About this task:
Produce a copy of every line in the records that holds the string "Prelude".

[Collected data]
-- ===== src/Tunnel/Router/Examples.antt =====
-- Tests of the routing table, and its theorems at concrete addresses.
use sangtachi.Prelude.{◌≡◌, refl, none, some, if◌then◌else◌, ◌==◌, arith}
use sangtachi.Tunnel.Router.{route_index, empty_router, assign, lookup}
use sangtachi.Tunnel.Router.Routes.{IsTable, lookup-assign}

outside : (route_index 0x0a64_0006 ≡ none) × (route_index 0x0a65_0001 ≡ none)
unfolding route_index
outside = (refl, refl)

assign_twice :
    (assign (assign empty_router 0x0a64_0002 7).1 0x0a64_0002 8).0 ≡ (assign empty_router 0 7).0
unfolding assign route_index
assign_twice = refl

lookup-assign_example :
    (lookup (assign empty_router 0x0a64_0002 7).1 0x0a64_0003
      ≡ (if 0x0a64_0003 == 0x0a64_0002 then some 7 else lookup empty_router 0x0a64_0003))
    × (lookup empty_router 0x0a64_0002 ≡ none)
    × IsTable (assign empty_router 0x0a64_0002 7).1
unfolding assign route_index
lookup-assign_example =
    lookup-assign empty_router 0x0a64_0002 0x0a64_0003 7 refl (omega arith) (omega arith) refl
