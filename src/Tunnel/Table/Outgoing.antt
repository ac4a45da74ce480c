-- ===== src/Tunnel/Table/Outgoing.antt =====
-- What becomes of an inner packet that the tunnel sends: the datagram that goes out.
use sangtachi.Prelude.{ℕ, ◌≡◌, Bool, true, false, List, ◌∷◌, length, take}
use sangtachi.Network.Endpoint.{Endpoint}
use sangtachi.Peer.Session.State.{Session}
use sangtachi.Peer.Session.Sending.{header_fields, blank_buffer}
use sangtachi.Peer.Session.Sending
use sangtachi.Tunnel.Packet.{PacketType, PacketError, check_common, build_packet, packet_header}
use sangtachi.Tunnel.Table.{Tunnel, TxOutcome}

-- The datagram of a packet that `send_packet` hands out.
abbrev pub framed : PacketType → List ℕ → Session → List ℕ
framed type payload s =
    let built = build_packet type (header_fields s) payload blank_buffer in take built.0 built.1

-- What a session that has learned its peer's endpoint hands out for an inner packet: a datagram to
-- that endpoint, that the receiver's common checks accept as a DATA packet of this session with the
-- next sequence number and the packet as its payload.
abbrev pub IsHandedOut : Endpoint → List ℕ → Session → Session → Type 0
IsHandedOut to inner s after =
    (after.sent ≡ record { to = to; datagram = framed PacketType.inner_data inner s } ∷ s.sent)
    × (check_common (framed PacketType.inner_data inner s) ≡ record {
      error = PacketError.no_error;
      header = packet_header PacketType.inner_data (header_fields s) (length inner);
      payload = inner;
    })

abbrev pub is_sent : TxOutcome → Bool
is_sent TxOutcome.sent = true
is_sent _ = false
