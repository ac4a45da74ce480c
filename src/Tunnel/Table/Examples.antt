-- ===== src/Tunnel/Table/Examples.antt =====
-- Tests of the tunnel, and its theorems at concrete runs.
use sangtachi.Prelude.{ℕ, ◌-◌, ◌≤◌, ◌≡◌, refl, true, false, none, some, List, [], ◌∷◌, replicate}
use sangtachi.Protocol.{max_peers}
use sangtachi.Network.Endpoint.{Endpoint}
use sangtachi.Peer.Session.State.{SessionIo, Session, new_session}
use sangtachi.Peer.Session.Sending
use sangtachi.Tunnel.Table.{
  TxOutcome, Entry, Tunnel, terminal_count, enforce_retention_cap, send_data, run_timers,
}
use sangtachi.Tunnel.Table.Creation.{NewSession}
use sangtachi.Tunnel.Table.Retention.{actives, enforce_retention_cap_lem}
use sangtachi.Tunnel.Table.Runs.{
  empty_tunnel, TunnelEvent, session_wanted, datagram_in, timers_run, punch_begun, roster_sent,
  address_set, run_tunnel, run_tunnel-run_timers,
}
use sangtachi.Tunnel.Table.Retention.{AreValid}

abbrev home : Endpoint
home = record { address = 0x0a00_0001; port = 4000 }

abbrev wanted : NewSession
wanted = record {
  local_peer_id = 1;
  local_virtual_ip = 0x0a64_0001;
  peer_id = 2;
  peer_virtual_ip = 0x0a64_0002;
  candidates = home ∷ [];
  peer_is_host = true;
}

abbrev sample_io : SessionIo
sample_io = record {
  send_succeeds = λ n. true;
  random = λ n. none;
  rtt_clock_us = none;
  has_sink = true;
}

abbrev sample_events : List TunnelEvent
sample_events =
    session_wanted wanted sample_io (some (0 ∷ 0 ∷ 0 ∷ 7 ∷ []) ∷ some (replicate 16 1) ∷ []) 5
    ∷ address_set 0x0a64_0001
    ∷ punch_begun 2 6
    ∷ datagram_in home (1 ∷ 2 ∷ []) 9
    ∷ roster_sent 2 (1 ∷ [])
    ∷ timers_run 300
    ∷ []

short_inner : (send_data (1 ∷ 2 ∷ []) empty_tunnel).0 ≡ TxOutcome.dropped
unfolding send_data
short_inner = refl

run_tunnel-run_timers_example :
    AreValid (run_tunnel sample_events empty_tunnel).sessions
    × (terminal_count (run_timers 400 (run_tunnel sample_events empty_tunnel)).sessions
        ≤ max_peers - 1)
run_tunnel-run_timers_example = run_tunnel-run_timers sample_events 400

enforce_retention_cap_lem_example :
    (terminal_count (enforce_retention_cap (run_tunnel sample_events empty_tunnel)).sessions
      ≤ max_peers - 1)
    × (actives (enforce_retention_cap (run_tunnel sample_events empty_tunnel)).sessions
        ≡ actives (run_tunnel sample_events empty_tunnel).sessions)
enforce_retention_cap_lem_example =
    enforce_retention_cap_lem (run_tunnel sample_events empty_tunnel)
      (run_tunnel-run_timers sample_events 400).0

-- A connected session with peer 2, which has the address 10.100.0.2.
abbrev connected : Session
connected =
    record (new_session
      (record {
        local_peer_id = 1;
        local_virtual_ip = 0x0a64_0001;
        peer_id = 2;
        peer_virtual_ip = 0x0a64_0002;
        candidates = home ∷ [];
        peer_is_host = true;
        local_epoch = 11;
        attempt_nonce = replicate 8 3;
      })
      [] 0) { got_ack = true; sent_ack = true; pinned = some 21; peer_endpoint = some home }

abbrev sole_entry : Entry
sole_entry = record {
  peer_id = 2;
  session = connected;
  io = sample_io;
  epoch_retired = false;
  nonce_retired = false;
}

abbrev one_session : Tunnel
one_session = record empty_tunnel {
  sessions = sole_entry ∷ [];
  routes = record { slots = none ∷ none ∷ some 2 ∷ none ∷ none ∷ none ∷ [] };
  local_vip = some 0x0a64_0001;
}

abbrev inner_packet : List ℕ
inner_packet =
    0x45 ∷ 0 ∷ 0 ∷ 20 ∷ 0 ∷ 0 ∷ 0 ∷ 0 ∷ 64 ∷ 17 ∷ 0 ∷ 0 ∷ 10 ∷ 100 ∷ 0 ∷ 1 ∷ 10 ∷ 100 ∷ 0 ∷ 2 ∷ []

The answer:
use sangtachi.Prelude.{◌≡◌, refl, none, some, if◌then◌else◌, ◌==◌, arith}
use sangtachi.Prelude.{ℕ, ◌≡◌, Bool, true, false, List, ◌∷◌, length, take}
use sangtachi.Prelude.{ℕ, ◌-◌, ◌≤◌, ◌≡◌, refl, true, false, none, some, List, [], ◌∷◌, replicate}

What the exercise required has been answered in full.